### Data provided ###

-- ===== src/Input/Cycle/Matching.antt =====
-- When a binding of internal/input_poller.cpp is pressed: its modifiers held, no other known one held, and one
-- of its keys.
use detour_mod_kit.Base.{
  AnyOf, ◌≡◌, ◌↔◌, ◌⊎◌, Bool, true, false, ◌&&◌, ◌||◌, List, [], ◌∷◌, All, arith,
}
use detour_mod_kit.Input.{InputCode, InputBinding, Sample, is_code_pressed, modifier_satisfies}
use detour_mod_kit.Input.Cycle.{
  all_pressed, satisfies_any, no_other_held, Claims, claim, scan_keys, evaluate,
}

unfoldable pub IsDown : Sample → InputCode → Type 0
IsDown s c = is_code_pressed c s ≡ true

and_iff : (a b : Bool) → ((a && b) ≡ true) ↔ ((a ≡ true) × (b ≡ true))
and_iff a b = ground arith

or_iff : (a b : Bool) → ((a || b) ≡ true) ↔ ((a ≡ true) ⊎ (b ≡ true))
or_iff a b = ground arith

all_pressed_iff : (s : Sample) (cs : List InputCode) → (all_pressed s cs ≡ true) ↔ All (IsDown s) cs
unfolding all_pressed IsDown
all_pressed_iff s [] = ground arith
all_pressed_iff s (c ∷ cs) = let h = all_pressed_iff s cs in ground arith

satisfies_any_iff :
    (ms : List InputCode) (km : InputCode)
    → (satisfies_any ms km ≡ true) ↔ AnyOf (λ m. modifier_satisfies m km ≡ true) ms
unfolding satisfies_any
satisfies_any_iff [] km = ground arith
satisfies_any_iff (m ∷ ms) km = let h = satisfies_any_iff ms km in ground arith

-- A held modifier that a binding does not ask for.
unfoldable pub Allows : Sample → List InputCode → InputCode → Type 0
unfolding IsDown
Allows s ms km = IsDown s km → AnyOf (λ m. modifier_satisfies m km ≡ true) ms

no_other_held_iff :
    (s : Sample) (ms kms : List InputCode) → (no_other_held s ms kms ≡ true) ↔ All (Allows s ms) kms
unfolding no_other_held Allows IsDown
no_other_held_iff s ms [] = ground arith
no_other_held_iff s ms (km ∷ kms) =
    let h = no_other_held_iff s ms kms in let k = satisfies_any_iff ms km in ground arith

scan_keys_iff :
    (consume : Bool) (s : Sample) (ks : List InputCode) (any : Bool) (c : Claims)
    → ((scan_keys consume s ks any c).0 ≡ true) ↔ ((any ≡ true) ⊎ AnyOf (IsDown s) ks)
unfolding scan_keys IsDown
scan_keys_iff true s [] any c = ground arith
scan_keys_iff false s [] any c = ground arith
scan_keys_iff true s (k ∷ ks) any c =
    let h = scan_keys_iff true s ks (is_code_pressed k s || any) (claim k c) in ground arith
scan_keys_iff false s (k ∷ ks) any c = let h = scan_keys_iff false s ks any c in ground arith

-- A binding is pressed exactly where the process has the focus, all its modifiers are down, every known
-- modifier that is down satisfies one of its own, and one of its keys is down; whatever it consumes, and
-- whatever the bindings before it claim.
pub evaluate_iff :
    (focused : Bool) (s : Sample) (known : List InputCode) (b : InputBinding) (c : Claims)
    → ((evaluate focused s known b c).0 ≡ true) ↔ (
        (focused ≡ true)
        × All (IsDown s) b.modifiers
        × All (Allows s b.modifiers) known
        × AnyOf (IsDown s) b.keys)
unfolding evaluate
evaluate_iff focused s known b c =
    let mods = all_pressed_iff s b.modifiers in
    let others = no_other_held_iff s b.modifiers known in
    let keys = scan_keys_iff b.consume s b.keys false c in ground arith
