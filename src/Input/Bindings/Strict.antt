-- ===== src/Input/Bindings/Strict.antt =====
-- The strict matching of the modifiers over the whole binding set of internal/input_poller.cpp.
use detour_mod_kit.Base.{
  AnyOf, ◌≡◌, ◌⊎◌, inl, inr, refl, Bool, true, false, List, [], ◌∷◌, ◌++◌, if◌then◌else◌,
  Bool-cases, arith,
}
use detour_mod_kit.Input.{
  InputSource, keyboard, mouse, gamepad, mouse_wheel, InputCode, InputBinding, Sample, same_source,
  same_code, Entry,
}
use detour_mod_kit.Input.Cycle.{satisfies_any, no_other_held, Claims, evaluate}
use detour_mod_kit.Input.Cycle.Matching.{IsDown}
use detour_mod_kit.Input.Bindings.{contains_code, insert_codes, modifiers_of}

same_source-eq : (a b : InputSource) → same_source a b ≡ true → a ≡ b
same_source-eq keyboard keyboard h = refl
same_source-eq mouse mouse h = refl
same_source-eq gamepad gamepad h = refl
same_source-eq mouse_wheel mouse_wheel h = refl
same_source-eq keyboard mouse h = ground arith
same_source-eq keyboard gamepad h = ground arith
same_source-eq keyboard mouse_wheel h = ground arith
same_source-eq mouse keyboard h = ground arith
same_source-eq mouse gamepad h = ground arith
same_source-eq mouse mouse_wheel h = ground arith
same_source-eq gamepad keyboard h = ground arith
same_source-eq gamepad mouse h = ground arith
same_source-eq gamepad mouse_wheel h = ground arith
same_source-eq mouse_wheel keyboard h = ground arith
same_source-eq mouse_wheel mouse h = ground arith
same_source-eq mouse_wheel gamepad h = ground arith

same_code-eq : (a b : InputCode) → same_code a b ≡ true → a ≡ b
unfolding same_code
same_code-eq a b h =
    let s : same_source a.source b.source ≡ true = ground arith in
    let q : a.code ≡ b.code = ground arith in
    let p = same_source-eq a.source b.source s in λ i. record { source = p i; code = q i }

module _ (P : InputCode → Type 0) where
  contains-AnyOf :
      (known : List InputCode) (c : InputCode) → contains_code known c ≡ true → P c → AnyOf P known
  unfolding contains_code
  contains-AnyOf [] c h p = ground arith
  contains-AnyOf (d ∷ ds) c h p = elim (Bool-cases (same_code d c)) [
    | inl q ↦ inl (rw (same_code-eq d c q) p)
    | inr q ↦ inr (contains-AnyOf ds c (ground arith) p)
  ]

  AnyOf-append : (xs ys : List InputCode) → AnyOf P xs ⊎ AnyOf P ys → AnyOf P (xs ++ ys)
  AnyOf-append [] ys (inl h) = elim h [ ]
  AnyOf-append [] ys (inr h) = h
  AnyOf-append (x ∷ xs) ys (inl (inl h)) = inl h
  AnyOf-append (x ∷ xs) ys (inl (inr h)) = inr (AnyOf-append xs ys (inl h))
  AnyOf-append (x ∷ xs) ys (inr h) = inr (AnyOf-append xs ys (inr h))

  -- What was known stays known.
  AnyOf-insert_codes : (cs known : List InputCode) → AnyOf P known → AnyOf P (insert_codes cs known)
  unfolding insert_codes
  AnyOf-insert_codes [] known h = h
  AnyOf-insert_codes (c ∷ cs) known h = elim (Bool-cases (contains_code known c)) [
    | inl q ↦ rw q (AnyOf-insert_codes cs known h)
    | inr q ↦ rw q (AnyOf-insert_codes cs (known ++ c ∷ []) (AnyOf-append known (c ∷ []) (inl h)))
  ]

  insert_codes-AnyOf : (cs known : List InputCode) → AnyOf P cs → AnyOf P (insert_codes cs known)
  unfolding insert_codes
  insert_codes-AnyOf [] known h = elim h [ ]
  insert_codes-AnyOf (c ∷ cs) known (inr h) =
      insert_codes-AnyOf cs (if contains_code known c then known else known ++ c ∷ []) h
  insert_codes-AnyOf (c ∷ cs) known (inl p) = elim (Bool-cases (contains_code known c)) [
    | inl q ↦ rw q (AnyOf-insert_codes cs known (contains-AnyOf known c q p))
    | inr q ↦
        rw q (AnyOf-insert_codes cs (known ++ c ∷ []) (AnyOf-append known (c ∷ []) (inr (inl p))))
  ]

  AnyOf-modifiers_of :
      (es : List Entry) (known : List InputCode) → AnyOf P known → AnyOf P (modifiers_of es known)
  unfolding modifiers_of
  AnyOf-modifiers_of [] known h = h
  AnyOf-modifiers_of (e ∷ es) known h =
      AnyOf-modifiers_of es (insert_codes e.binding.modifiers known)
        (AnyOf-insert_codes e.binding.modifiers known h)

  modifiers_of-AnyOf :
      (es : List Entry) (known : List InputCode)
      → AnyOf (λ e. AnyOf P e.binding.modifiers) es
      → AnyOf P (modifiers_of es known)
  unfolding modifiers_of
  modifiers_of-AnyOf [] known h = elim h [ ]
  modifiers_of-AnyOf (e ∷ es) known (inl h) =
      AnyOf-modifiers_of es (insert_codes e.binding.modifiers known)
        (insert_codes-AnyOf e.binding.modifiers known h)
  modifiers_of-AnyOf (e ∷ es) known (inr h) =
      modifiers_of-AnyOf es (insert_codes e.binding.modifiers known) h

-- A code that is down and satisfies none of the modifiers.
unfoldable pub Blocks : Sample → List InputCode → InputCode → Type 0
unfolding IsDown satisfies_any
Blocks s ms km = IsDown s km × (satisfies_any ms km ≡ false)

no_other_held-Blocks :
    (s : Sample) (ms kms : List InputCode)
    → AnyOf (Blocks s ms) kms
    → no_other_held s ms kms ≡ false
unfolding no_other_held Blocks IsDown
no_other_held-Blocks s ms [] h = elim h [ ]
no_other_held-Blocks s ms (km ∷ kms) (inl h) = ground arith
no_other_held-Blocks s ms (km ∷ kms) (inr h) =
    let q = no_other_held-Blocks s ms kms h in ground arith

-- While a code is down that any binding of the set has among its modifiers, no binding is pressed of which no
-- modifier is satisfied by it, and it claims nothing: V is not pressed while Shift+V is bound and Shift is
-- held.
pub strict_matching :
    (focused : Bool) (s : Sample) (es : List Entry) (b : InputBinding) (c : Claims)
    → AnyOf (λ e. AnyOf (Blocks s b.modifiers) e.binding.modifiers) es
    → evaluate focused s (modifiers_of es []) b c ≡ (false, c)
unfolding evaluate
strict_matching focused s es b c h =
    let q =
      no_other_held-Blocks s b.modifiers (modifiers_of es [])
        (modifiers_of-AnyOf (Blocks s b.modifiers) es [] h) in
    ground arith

###

The result should be every line that contains "InputSource", copied from the entries.

Response area:
  InputSource, keyboard, mouse, gamepad, mouse_wheel, InputCode, InputBinding, Sample, same_source,
same_source-eq : (a b : InputSource) → same_source a b ≡ true → a ≡ b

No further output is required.